Compositions
JuLie.Composition
— TypeComposition{T<:Integer} <: AbstractArray{T,1}
A composition (also called ordered partition) of an integer n ≥ 0 is a sequence (λ₁,…,λₖ) of positive integers λᵢ whose sum is equal to n. The λᵢ are called the parts of the composition.
Examples
julia> c=Composition([2,1])
[2, 1]
julia> sum(c)
3
julia> c[1]
2
References
- Wikipedia, Composition (combinatorics)
- Bóna, M. (2017). A Walk Through Combinatorics (Fourth Edition). World Scientific.
Unrestricted compositions
JuLie.Compositions
— Typestruct Compositions{T<:Integer}
Returns an iterator over all compositions of an integer n. The iterator simply iterates over compositions of n into k parts for 1 ≤ k ≤ n using CompositionsFixedNumParts
.
Examples
JuLie.compositions
— Methodcompositons(n::Integer)
Returns the full list of compositions of n using the Compositions
iterator.
JuLie.num_compositions
— Methodnum_compositions(n::Integer)
The number of compositions of an integer $n ≥ 0$ is equal to
\[\left\lbrace \begin{array}{ll} 1 & \text{if } n = 0 \\ 2^{n-1} & \text{if } n ≥ 1 \;. \end{array} \right.\]

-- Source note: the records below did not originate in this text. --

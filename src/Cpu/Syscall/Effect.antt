-- ===== src/Cpu/Syscall/Effect.antt =====
-- How each system call ends, and when it fails.
use masters_proj.Prelude.{
  ◌≡◌, ◌≢◌, refl, ◌⊎◌, inl, inr, ◌↔◌, true, arith, ◌==◌, ne→==-false, u32, sign_extend,
}
use native.Mathlib.Decide.{ℕ_discrete}
use mathlib.Core.Option
use masters_proj.Mem.State.{failure}
use masters_proj.Mem.Paging.{vm_mem_verify}
use masters_proj.Cpu.State.{rax, rdx, rsi, rdi, Works}
use masters_proj.Cpu.Syscall.{
  Outcome, failed, Env, Machine, host_address, reg, emu_syscall_write, emu_syscall_open,
  emu_syscall_close, emu_syscall_read, emu_syscall,
}
use masters_proj.Cpu.Syscall.Ends.{Ends, failed-Ends, call-Ends, buffer-Ends}

-- When a call fails.
abbrev pub Refused : (env : Env) → Machine env → Type 0
Refused env s =
    let code = reg env s rax in
    (((code ≡ 0x2000004) ⊎ (code ≡ 0x2000003))
      × (vm_mem_verify env.locals s.mem (reg env s rsi) (reg env s rdx) ≡ failure))
    ⊎ ((code ≢ 0x2000003) × (code ≢ 0x2000004) × (code ≢ 0x2000005) × (code ≢ 0x2000006))

module _ (env : Env) (works : Works env.hv) where
  -- What `emu_syscall_write` and `emu_syscall_read` have in common.
  Buffered : Machine env → Outcome × Machine env → Type 0
  Buffered s r =
      Ends env s r
      × ((r.0 ≡ failed)
          ↔ (vm_mem_verify env.locals s.mem (reg env s rsi) (reg env s rdx) ≡ failure))

  emu_syscall_write-Ends : (s : Machine env) → Buffered s (emu_syscall_write env s)
  unfolding Buffered emu_syscall_write
  emu_syscall_write-Ends s =
      let fildes = u32 (reg env s rdi) in
      let buf = host_address env s (reg env s rsi) in
      let nbyte = reg env s rdx in
      buffer-Ends env works (reg env s rsi) nbyte
        (Option.map (λ f. f fildes buf nbyte) env.ops.cb_write) (env.os.os_write fildes buf nbyte) s

  emu_syscall_read-Ends : (s : Machine env) → Buffered s (emu_syscall_read env s)
  unfolding Buffered emu_syscall_read
  emu_syscall_read-Ends s =
      let fildes = u32 (reg env s rdi) in
      let buf = host_address env s (reg env s rsi) in
      let nbyte = reg env s rdx in
      buffer-Ends env works (reg env s rsi) nbyte
        (Option.map (λ f. f fildes buf nbyte) env.ops.cb_read) (env.os.os_read fildes buf nbyte) s

  emu_syscall_open-Ends :
      (s : Machine env) → let r = emu_syscall_open env s in Ends env s r × (r.0 ≢ failed)
  unfolding emu_syscall_open
  emu_syscall_open-Ends s =
      let path = host_address env s (reg env s rdi) in
      let flags = u32 (reg env s rsi) in
      let mode = u32 (reg env s rdx) in
      call-Ends env works sign_extend (Option.map (λ f. f path flags mode) env.ops.cb_open)
        (env.os.os_open path flags mode) s

  emu_syscall_close-Ends :
      (s : Machine env) → let r = emu_syscall_close env s in Ends env s r × (r.0 ≢ failed)
  unfolding emu_syscall_close
  emu_syscall_close-Ends s =
      let fd = u32 (reg env s rdi) in
      call-Ends env works sign_extend (Option.map (λ f. f fd) env.ops.cb_close) (env.os.os_close fd)
        s

  -- On a CPU whose calls succeed: a call that is not emulated fails; a write or a read fails
  -- exactly if `vm_mem_verify` refuses its buffer; no other call fails. A call that fails
  -- changes nothing, an interactive run alone can be quit, and no call changes a register but
  -- RAX, the regions or the root table.
  pub emu_syscall-Ends :
      (s : Machine env)
      → Ends env s (emu_syscall env s) × (((emu_syscall env s).0 ≡ failed) ↔ Refused env s)
  unfolding emu_syscall Buffered
  emu_syscall-Ends s =
      let code = reg env s rax in
      elim (ℕ_discrete code 0x2000004) [
        | yes e ↦
            let t : (code == 0x2000004) ≡ true = ground arith in
            let (ends, iff) = emu_syscall_write-Ends s in
            rw t (
              ends,
              (
                λ f. inl (inl e, iff.0 f),
                λ r. elim r [ inl (_, bad) ↦ iff.1 bad | inr (_, n, _, _) ↦ absurd (n e) ],
              ),
            )
        | no n4 ↦ elim (ℕ_discrete code 0x2000005) [
          | yes e ↦
              let t : (code == 0x2000005) ≡ true = ground arith in
              let (ends, ne) = emu_syscall_open-Ends s in
              rw (ne→==-false _ _ n4, t)
                (
                  ends,
                  (
                    λ f. absurd (ne f),
                    λ r. elim r [
                      | inl (o, _) ↦ absurd (omega arith)
                      | inr (_, _, n, _) ↦ absurd (n e)
                    ],
                  ),
                )
          | no n5 ↦ elim (ℕ_discrete code 0x2000006) [
            | yes e ↦
                let t : (code == 0x2000006) ≡ true = ground arith in
                let (ends, ne) = emu_syscall_close-Ends s in
                rw (ne→==-false _ _ n4, ne→==-false _ _ n5, t)
                  (
                    ends,
                    (
                      λ f. absurd (ne f),
                      λ r. elim r [
                        | inl (o, _) ↦ absurd (omega arith)
                        | inr (_, _, _, n) ↦ absurd (n e)
                      ],
                    ),
                  )
            | no n6 ↦ elim (ℕ_discrete code 0x2000003) [
              | yes e ↦
                  let t : (code == 0x2000003) ≡ true = ground arith in
                  let (ends, iff) = emu_syscall_read-Ends s in
                  rw (ne→==-false _ _ n4, ne→==-false _ _ n5, ne→==-false _ _ n6, t)
                    (
                      ends,
                      (
                        λ f. inl (inr e, iff.0 f),
                        λ r. elim r [ inl (_, bad) ↦ iff.1 bad | inr (n, _, _, _) ↦ absurd (n e) ],
                      ),
                    )
              | no n3 ↦
                  rw
                    (ne→==-false _ _ n4, ne→==-false _ _ n5, ne→==-false _ _ n6, ne→==-false _ _ n3)
                    (failed-Ends env s, (λ _. inr (n3, n4, n5, n6), λ _. refl))
            ]
          ]
        ]
      ]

See Corollary 5.4 of Bóna (2017).
References
- The On-Line Encyclopedia of Integer Sequences, A011782
- Bóna, M. (2017). A Walk Through Combinatorics (Fourth Edition). World Scientific.
Restricted compositions
JuLie.compositions
— Methodcompositons(n::Integer, k::Integer)
Returns the full list of compositions of n into k parts using the CompositionsFixedNumParts
iterator.
JuLie.num_compositions
— Methodnum_compositions(n::Integer, k::Integer)
The number of compositions of an integer $n ≥ 0$ into $k ≥ 0$ parts is equal to
\[\left\lbrace \begin{array}{ll} 1 & \text{if } n=k=0 \\ {n-1 \choose k-1} & \text{otherwise} \;. \end{array} \right.\]
See Corollary 5.3 of Bóna (2017).
References
- Bóna, M. (2017). A Walk Through Combinatorics (Fourth Edition). World Scientific.